Applications of algebraic geometry to machine learning

One useful remark is that dimension reduction is a critical problem in data science for which there are a variety of useful approaches. It is important because a great many good machine learning algorithms have complexity which depends on the number of parameters used to describe the data (sometimes exponentially!), so reducing the dimension can turn an impractical algorithm into a practical one.

This has two implications for your question. First, if you invent a cool new algorithm then don't worry too much about the dimension of the data at the outset - practitioners already have a bag of tricks for dealing with it (e.g. Johnson-Lindenstrauss embeddings, principal component analysis, various sorts of regularization). Second, it seems to me that dimension reduction is itself an area where more sophisticated geometric techniques could be brought to bear - many of the existing algorithms already have a geometric flavor.

That said, there are a lot of barriers to entry for new machine learning algorithms at this point. One problem is that the marginal benefit of a great answer over a good answer is not very high (and sometimes even negative!) unless the data has been studied to death. The marginal gains are much higher for feature extraction, which is really more of a domain-specific problem than a math problem. Another problem is that many new algorithms which draw upon sophisticated mathematics wind up answering questions that nobody was really asking, often because they were developed by mathematicians who tend to focus more on techniques than applications. Topological data analysis is a typical example of this: it has generated a lot of excitement among mathematicians but most data scientists have never heard of it, and the reason is simply that higher order topological structures have not so far been found to be relevant to practical inference / classification problems.


Check websites of some of the former students/postdocs of Bernd Sturmfels: Pablo Parillo at MIT and Rekha Thomas at University of Washington. They tackle real (meaning relatively big) problems with their algebraic geometry insight. This is mostly related to semidefinite programming and related problems. You can check Pablo's MIT course to get some idea: http://ocw.mit.edu/courses/electrical-engineering-and-computer-science/6-972-algebraic-techniques-and-semidefinite-optimization-spring-2006/

There is also a huge line of research on computational algebraic geometry. You can start visiting the website of Jon Hauenstein http://www3.nd.edu/~jhauenst/ They work with big industrial projects.

Algebraic geometry is also used in the topological data analysis which is now becoming a big thing in the data science.

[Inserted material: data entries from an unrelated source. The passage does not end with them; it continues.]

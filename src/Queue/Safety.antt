-- ===== src/Queue/Safety.antt =====
-- What holds of the queue in every state that its threads can reach.
use native.Mathlib.Nat.{mod-eq_of_lt}
use libchronos.Base.{
  ℕ, ◌+◌, ◌%◌, ◌^◌, ◌≤◌, ◌<◌, ◌≡◌, ap, false, Option, some, ◌==◌, arith, ◌⊎◌, inl, inr, Bool-cases,
}
use libchronos.Queue.{MpmcQueue, update}
use libchronos.Queue.Slots.{slot-inj}
use libchronos.Queue.Threads.{Pc, System, seq_of, Step, pick, init, Reach, start, later}
use libchronos.Queue.Inv.{IsQueue, Fits, writes, reads}
use libchronos.Queue.Frame.{Apart}
use libchronos.Queue.Moves.{Kept, Move-Kept}

pub record IsSystem {A : Type 0} (capacity : ℕ) (s : System A) : Type 0 where
  pub queue : IsQueue capacity s.mem s.log
  pub fits : (i : ℕ) → Fits capacity s.mem s.log (s.pc i)
  pub one_writer : (i j t : ℕ) → writes (s.pc i) ≡ some t → writes (s.pc j) ≡ some t → i ≡ j
  pub one_reader : (i j t : ℕ) → reads (s.pc i) ≡ some t → reads (s.pc j) ≡ some t → i ≡ j

module _ {A : Type 0} (capacity : ℕ) (two : 2 ≤ capacity) where
  writes-below :
      (m : MpmcQueue A) (log : ℕ → Option A) (p : Pc A) (t : ℕ)
      → Fits capacity m log p
      → writes p ≡ some t
      → (m.tail ≤ t) × (t < m.head) × (seq_of capacity m t ≡ t)
  writes-below m log p t f e = ground (arith, f, e)

  reads-below :
      (m : MpmcQueue A) (log : ℕ → Option A) (p : Pc A) (t : ℕ)
      → Fits capacity m log p
      → reads p ≡ some t
      → (t < m.tail) × (m.head ≤ t + capacity) × (seq_of capacity m t ≡ t + 1)
  reads-below m log p t f e = ground (arith, f, e)

  init-IsSystem : IsSystem capacity (init {A = A} capacity)
  init-IsSystem = record {
    queue = record {
      ordered = omega arith;
      room = omega arith;
      live = λ p a b. absurd (omega arith);
      taken = λ p a b. absurd (omega arith);
      fresh = λ p a b. mod-eq_of_lt b;
    };
    fits = λ i. tt;
    one_writer = λ i j t a b. cc;
    one_reader = λ i j t a b. cc;
  }

  Step-IsSystem :
      (s t : System A)
      → Step capacity s t
      → IsSystem capacity s
      → s.mem.head + capacity < 2 ^ 63
      → IsSystem capacity t × (t.mem.head ≤ s.mem.head + 1)
  Step-IsSystem s _ (pick i {m} {log} {p} mv) v small = (
    record {
      queue = k.queue;
      fits = λ j. elim (Bool-cases (j == i)) [
        | inl e ↦ rw e k.own
        | inr e ↦ rw e (k.others (s.pc j) (apart j e) (v.fits j))
      ];
      one_writer = λ j l t a b.
          ground (arith, writer j t a, writer l t b, v.one_writer j l t, below j t, below l t);
      one_reader = λ j l t a b.
          ground (arith, reader j t a, reader l t b, v.one_reader j l t, taken j t, taken l t);
    },
    k.slow,
  )
    where
      k : Kept capacity s.mem s.log (s.pc i) m log p
      k = Move-Kept capacity two mv v.queue small (v.fits i)

      apart : (j : ℕ) → (j == i) ≡ false → Apart (s.pc i) (s.pc j)
      apart j e = record {
        no_writes = λ t a b. ground (arith, e, v.one_writer i j t a b);
        no_reads = λ t a b. ground (arith, e, v.one_reader i j t a b);
      }

      same : (j : ℕ) → i ≡ j → writes (s.pc i) ≡ writes (s.pc j)
      same j e = ap (λ x. writes (s.pc x)) e

      same_reads : (j : ℕ) → i ≡ j → reads (s.pc i) ≡ reads (s.pc j)
      same_reads j e = ap (λ x. reads (s.pc x)) e

      writer :
          (j t : ℕ)
          → writes (update s.pc i p j) ≡ some t
          → (writes (s.pc j) ≡ some t) ⊎ ((j ≡ i) × (t ≡ s.mem.head))
      writer j t = elim (Bool-cases (j == i)) [
        | inl e ↦ rw e (λ a. ground (arith, e, k.writer t a, same j))
        | inr e ↦ rw e (λ a. inl a)
      ]

      reader :
          (j t : ℕ)
          → reads (update s.pc i p j) ≡ some t
          → (reads (s.pc j) ≡ some t) ⊎ ((j ≡ i) × (t ≡ s.mem.tail))
      reader j t = elim (Bool-cases (j == i)) [
        | inl e ↦ rw e (λ a. ground (arith, e, k.reader t a, same_reads j))
        | inr e ↦ rw e (λ a. inl a)
      ]

      below : (j t : ℕ) → writes (s.pc j) ≡ some t → t < s.mem.head
      below j t e = (writes-below s.mem s.log (s.pc j) t (v.fits j) e).1

      taken : (j t : ℕ) → reads (s.pc j) ≡ some t → t < s.mem.tail
      taken j t e = (reads-below s.mem s.log (s.pc j) t (v.fits j) e).0

  pub Reach-IsSystem :
      (n : ℕ) (s : System A)
      → Reach capacity n s
      → n + capacity < 2 ^ 63
      → IsSystem capacity s × (s.mem.head ≤ n)
  Reach-IsSystem _ _ start small = (init-IsSystem, omega arith)
  Reach-IsSystem _ _ (later {n} {s} {t} r st) small =
      let (v, le) = Reach-IsSystem n s r (omega arith) in
      let (v', le') = Step-IsSystem s t st v (omega arith) in (v', omega arith)

  -- The ticket whose slot a thread writes or reads.
  abbrev pub IsAccess : Pc A → ℕ → Type 0
  IsAccess p t = (writes p ≡ some t) ⊎ (reads p ≡ some t)

  -- Two threads never access the data of the same slot at the same time, in any run of fewer than
  -- 2 ^ 63 - capacity steps of a queue with at least two slots.
  pub slot_exclusive :
      (n : ℕ) (s : System A) (i j t u : ℕ)
      → Reach capacity n s
      → n + capacity < 2 ^ 63
      → IsAccess (s.pc i) t
      → IsAccess (s.pc j) u
      → t % capacity ≡ u % capacity
      → i ≡ j
  slot_exclusive n s i j t u r small a b e =
      let (v, le) = Reach-IsSystem n s r small in
      ground (
        arith,
        writes-below s.mem s.log (s.pc i) t (v.fits i),
        writes-below s.mem s.log (s.pc j) u (v.fits j),
        reads-below s.mem s.log (s.pc i) t (v.fits i),
        reads-below s.mem s.log (s.pc j) u (v.fits j),
        v.queue.room,
        slot-inj capacity t u,
        slot-inj capacity u t,
        v.one_writer i j t,
        v.one_reader i j t,
        ap s.mem.seq e,
      )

I'm going to assume that by 'high dimensional problems' you specifically mean learning speech recognition and image recognition. As such, I'm afraid that the answer seems to be 'sadly no'. Real high dimensional problems are almost always best solved by the use of what is called neural nets and specifically 'deep learning' which amounts to creating neural nets with many layers that will effectively predict. I'm not personally aware of any approach that comes close to DL for these kinds of problems. I might add that I teach data mining, so my impression is somewhat stronger than just a casual impression. There are two main issues with high dimensional data and neural nets. The first is called feature selection. Basically, the variables one is given are likely not the variables one wants. In addition there is the question of how the nodes in the various layers should be connected. The basic flow chart of a neural net can be encompassed in a directed acyclic graph i.e. a DAG. One could fantasize that somehow choosing the correct DAG would amount to an algebraic geometry problem- along the lines of the uses of algebraic geometry in phylogenetics. But that is just a fantasy as far as I know.